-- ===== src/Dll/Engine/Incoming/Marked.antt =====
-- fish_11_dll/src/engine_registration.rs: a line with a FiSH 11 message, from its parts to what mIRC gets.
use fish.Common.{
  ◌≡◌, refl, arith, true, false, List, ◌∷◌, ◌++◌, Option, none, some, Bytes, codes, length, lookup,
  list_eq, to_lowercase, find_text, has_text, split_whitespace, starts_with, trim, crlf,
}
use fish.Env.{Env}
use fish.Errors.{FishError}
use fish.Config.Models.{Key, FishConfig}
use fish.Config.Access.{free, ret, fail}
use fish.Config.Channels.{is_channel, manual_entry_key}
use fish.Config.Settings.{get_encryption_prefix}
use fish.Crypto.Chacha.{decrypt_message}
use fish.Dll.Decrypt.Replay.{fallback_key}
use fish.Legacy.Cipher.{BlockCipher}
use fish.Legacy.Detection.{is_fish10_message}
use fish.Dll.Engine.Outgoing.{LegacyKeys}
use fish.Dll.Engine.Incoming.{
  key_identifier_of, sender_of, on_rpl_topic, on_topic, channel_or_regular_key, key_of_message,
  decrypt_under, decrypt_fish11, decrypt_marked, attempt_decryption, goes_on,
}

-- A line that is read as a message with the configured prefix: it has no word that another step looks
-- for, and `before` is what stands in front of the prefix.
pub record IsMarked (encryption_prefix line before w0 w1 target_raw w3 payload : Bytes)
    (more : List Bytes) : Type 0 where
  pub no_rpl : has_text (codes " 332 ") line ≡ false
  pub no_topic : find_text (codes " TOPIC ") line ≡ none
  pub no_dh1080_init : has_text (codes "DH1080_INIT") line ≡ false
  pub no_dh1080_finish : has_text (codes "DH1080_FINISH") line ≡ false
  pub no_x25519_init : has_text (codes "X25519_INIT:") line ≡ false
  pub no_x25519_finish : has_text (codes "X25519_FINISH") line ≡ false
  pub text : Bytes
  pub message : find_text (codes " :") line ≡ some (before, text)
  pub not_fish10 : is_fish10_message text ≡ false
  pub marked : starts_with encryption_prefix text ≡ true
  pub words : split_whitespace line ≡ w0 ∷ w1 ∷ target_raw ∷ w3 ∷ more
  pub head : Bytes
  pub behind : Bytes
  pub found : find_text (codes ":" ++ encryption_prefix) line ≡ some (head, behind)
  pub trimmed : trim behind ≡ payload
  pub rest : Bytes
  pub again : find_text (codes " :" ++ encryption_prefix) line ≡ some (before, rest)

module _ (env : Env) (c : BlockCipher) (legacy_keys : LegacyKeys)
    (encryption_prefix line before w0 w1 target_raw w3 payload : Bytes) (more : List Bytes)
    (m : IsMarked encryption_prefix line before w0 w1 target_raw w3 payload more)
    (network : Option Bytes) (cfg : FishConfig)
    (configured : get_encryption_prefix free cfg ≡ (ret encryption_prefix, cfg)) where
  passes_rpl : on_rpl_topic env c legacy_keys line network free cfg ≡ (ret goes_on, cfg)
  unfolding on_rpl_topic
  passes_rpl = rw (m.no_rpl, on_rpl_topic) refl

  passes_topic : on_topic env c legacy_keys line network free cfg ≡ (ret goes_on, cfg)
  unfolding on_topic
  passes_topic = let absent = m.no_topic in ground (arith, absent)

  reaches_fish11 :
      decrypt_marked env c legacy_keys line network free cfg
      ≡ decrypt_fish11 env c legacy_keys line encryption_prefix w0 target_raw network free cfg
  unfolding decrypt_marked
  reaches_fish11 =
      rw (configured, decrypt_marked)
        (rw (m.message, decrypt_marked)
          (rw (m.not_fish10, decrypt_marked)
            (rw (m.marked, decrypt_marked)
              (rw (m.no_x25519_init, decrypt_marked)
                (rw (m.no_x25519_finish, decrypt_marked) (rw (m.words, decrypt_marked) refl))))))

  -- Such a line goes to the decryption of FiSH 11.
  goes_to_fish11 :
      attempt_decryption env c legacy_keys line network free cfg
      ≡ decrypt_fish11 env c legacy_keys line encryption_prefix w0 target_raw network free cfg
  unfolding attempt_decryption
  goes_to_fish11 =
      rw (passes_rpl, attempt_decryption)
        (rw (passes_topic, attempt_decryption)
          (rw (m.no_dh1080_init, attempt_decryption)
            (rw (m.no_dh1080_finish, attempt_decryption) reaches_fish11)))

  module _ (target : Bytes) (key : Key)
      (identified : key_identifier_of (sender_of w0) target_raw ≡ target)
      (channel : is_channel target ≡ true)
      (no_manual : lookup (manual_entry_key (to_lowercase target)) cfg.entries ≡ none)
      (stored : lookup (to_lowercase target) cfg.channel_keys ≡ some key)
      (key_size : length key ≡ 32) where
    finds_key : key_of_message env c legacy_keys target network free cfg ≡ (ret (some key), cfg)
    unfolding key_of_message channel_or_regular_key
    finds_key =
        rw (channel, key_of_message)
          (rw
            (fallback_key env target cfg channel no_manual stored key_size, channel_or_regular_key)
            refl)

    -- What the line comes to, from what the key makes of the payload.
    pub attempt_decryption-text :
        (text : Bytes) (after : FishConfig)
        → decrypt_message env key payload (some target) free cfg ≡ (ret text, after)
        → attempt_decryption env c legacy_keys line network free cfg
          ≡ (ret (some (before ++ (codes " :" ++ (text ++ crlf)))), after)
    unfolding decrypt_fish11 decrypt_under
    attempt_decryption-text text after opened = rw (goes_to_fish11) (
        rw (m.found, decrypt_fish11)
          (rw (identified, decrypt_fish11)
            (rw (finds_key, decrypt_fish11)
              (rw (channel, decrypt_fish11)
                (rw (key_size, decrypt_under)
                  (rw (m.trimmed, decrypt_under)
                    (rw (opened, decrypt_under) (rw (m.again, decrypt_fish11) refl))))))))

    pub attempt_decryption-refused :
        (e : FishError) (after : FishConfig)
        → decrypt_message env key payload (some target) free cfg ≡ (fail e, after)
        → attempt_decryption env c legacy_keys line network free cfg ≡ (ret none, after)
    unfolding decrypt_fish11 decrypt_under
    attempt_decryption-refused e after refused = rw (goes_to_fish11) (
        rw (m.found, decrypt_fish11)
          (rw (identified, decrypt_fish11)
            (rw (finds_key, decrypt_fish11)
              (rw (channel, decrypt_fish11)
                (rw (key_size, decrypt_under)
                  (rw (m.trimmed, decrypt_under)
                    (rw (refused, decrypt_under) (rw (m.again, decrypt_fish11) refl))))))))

+++

(Task to carry out):
A word-for-word copy of the lines above from the one with "pub no_dh1080_finish : has_text" through the one with "pub again : find_text", inclusive, is the only output wanted.

(Finished task):
  pub no_dh1080_finish : has_text (codes "DH1080_FINISH") line ≡ false
  pub no_x25519_init : has_text (codes "X25519_INIT:") line ≡ false
  pub no_x25519_finish : has_text (codes "X25519_FINISH") line ≡ false
  pub text : Bytes
  pub message : find_text (codes " :") line ≡ some (before, text)
  pub not_fish10 : is_fish10_message text ≡ false
  pub marked : starts_with encryption_prefix text ≡ true
  pub words : split_whitespace line ≡ w0 ∷ w1 ∷ target_raw ∷ w3 ∷ more
  pub head : Bytes
  pub behind : Bytes
  pub found : find_text (codes ":" ++ encryption_prefix) line ≡ some (head, behind)
  pub trimmed : trim behind ≡ payload
  pub rest : Bytes
  pub again : find_text (codes " :" ++ encryption_prefix) line ≡ some (before, rest)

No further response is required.